Anyway, hope this helps. Lemme know if you need anything clarified


----------



## TataSweets44 (Jun 17, 2016)

@bdcharles Hi! Thank you for reading.
Whew! You guys have helped me a lot and now my mind is racing with ideas on how to change it without depleting my vision. I have to admit I have never been the best speller (probably not a good characteristic for a writer lol) so I fully expected that to come up in critiques. 

I've read through my chapter (many times) and completely agree about the "infodumping"

As for the repetitions: Gold is used so much because that's how I see this world. But I'm sure I can find a different way to express this. Free/freedom, yes I see where that becomes repetitive, I'll be searching for synonyms shortly. Lol

(Tacha tossed her silk sheet aside, allowing the movement of the wind to caress her brown skin as it sparkled with honey-coloured droplets from the healing waters of Bandi.)

A bit of your revision here doesn't follow my vision. I'll explain: The healing waters kind of transfer its golden hue onto her skin so her flesh is actually sparkling that color (also the reason for their eyes being partly gold) it's the trait of their people. Should I find a better way to express this also?

(Tacha, the only daughter to Badni's fifth king, but born to an un-wed mother so could never take the throne as her own.)

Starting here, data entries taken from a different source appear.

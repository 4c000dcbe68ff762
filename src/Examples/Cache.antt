-- ===== src/Examples/Cache.antt =====
-- A ticket of gateway-runtime.js that is claimed once.
use magento2_chat_ai.Prelude.{ℕ, ◌≡◌, refl, false, List, [], ◌∷◌, arith, ℕ_discrete}
use magento2_chat_ai.JsMap
use magento2_chat_ai.JsNumber.{nan, number_from_env}
use magento2_chat_ai.Runtime.Cache.{Cache, claim_once, live_value, claim_found}
use magento2_chat_ai.Runtime.Cache.Claims.{Event, claim, read, write, run, claim-once}

abbrev calls : List (Event ℕ ℕ)
calls = claim 10 nan 1 8 ∷ read 11 1 ∷ write 12 1000 2 9 ∷ []

abbrev stored : Cache ℕ ℕ
stored = (1, record { value = 4; expires_at = 50 }) ∷ []

claim-once_example :
    claim_once ℕ_discrete 20 nan 1 8 (run ℕ_discrete calls (claim_once ℕ_discrete 0 nan 1 7 []).1)
    ≡ (false, run ℕ_discrete calls (claim_once ℕ_discrete 0 nan 1 7 []).1)
unfolding claim_once live_value claim_found number_from_env JsMap.get
claim-once_example =
    claim-once ℕ_discrete 0 20 nan nan 1 7 8 [] calls refl
      (omega arith, (omega arith, (omega arith, λ e. omega (arith, e), tt))) (omega arith)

Some of this particular "infodump" sets up something later in the story. How could I put this in without it seeming like an infodump?


----------



## bdcharles (Jun 17, 2016)

TataSweets44 said:


> @bdcharles Hi! Thank you for reading.
> Whew! You guys have helped me a lot and now my mind is racing with ideas on *how to change it without depleting my vision*. I have to admit I have never been the best speller (probably not a good characteristic for a writer lol) so I fully expected that to come up in critiques.



I bolded a bit there because as you know, it's the most important bit. How to do it without depleting your vision. I like that!




TataSweets44 said:


> (Tacha tossed her silk sheet aside, allowing the movement of the wind to caress her brown skin as it sparkled with honey-coloured droplets from the healing waters of Bandi.)
> 
> A bit of your revision here doesn't follow my vision. I'll explain: The healing waters kind of transfer its golden hue onto her skin so her flesh is actually sparkling that color (also the reason for their eyes being partly gold) it's the trait of their people. Should I find a better way to express this also?

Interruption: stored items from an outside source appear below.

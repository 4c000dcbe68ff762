-- ===== src/Runtime/Capacity.antt =====
-- `acquireCapacity` of gateway-runtime.js in memory (`acquireMemoryCapacity`): a queue of waiting
-- requests in front of a semaphore, for one namespace. A call registers its token, polls until it
-- is granted, times out or is aborted, and leaves the queue at the end.
pub mod Laws
pub mod Order
use magento2_chat_ai.JsMap
use magento2_chat_ai.JsNumber.{JsNumber, number_from_env}
use magento2_chat_ai.Prelude.{
  ℕ, ◌+◌, ◌-◌, ◌≡◌, Bool, true, false, ◌&&◌, Option, none, some, List, [], ◌∷◌, leb, ltb, ◌==◌,
  length, keep, if◌then◌else◌, ℕ_discrete,
}

pub record Gate : Type 0 where
  -- Tokens in the order of arrival, with the time at which each was queued.
  pub queue : List (ℕ × ℕ)
  -- Tokens with the end of their lease.
  pub semaphore : List (ℕ × ℕ)

pub record Options : Type 0 where
  pub concurrency : ℕ
  pub max_queue : ℕ
  pub queue_wait_ms : ℕ
  pub lease_ms : ℕ

-- The settings of `acquireCapacity`, clamped; `pollMs` only paces the loop.
unfoldable pub clamp_options : JsNumber → JsNumber → JsNumber → JsNumber → Options
unfolding number_from_env
clamp_options concurrency max_queue queue_wait_ms lease_ms = record {
  concurrency = number_from_env concurrency 32 1 10000;
  max_queue = number_from_env max_queue 200 0 100000;
  queue_wait_ms = number_from_env queue_wait_ms 30000 1000 300000;
  lease_ms = number_from_env lease_ms 90000 10000 600000;
}

pub data Error : Type 0 where
  queue_full aborted queue_timeout : Error

-- A poll grants the slot and reports how long the request waited, sleeps once more, or throws.
pub data Outcome : Type 0 where
  granted : ℕ → Outcome
  waiting : Outcome
  rejected : Error → Outcome

unfoldable pub cleanup : ℕ → Options → Gate → Gate
unfolding keep
cleanup now o g = record {
  queue = keep (λ q. leb (now - q.1) o.queue_wait_ms) g.queue;
  semaphore = keep (λ s. ltb now s.1) g.semaphore;
}

-- Up to the loop: `none` is QUEUE_FULL.
unfoldable pub register : ℕ → Options → ℕ → Gate → Option Error × Gate
unfolding cleanup
register now o token g =
    let g' = cleanup now o g in
    if leb o.max_queue (length g'.queue)
    then (some queue_full, g')
    else (none, record g' { queue = JsMap.set ℕ_discrete token now g'.queue })

-- `queue.keys().next().value === token`.
unfoldable pub is_first : ℕ → List (ℕ × ℕ) → Bool
is_first token [] = false
is_first token ((t, at) ∷ q) = t == token

-- The `finally` block.
unfoldable pub leave : ℕ → Gate → Gate
leave token g = record g { queue = JsMap.delete ℕ_discrete token g.queue }

unfoldable pub try_grant : ℕ → ℕ → Options → ℕ → Gate → Outcome × Gate
unfolding is_first leave
try_grant now started_at o token g =
    if is_first token g.queue && ltb (length g.semaphore) o.concurrency
    then (
      granted (now - started_at),
      record (leave token g) {
        semaphore = JsMap.set ℕ_discrete token (now + o.lease_ms) g.semaphore;
      },
    )
    else (waiting, g)

-- One round of the loop at time `now`; `stop` is `signal.aborted`, which also ends a sleep.
unfoldable pub poll : ℕ → Bool → ℕ → Options → ℕ → Gate → Outcome × Gate
unfolding cleanup try_grant leave
poll now stop started_at o token g =
    if ltb (now - started_at) o.queue_wait_ms
    then (if stop
        then (rejected aborted, leave token g)
        else try_grant now started_at o token (cleanup now o g))
    else (rejected queue_timeout, leave token g)

unfoldable pub renew_found : ℕ → ℕ → Option ℕ → Gate → Bool × Gate
renew_found until token none g = (false, g)
renew_found until token (some e) g =
    (true, record g { semaphore = JsMap.set ℕ_discrete token until g.semaphore })

unfoldable pub renew_capacity : ℕ → ℕ → JsNumber → Gate → Bool × Gate
unfolding renew_found number_from_env
renew_capacity now token lease_ms g =
    renew_found (now + number_from_env lease_ms 90000 10000 600000) token
      (JsMap.get ℕ_discrete token g.semaphore) g

unfoldable pub release_capacity : ℕ → Gate → Gate
release_capacity token g = record g { semaphore = JsMap.delete ℕ_discrete token g.semaphore }

-- `getCapacityMetrics` of this gate: leases that ran out are deleted, then both maps are counted.
unfoldable pub capacity_metrics : ℕ → Gate → (ℕ × ℕ) × Gate
unfolding keep
capacity_metrics now g =
    let live = keep (λ s. ltb now s.1) g.semaphore in
    ((length live, length g.queue), record g { semaphore = live })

I think so - but in my mind it can be as simple as one word - we'll use yours, _transferred_. Oh, and maybe "amber" or something:

The sheer gold curtains wafted lazily from the breeze coming in through  the balcony doors, and Tacha tossed her silk sheet aside,  allowing the  movement of the wind to caress her brown  skin as it sparkled with  honey-coloured droplets, transferred from the healing amber waters  of Bandi. Goose flesh  rippled from the immediate chill.





TataSweets44 said:


> (Tacha, the only daughter to Badni's fifth king, but born to an un-wed mother so could never take the throne as her own.)
> 
> Some of this particular "infodump" sets up something later in the story. How could I put this in without it seeming like an infodump?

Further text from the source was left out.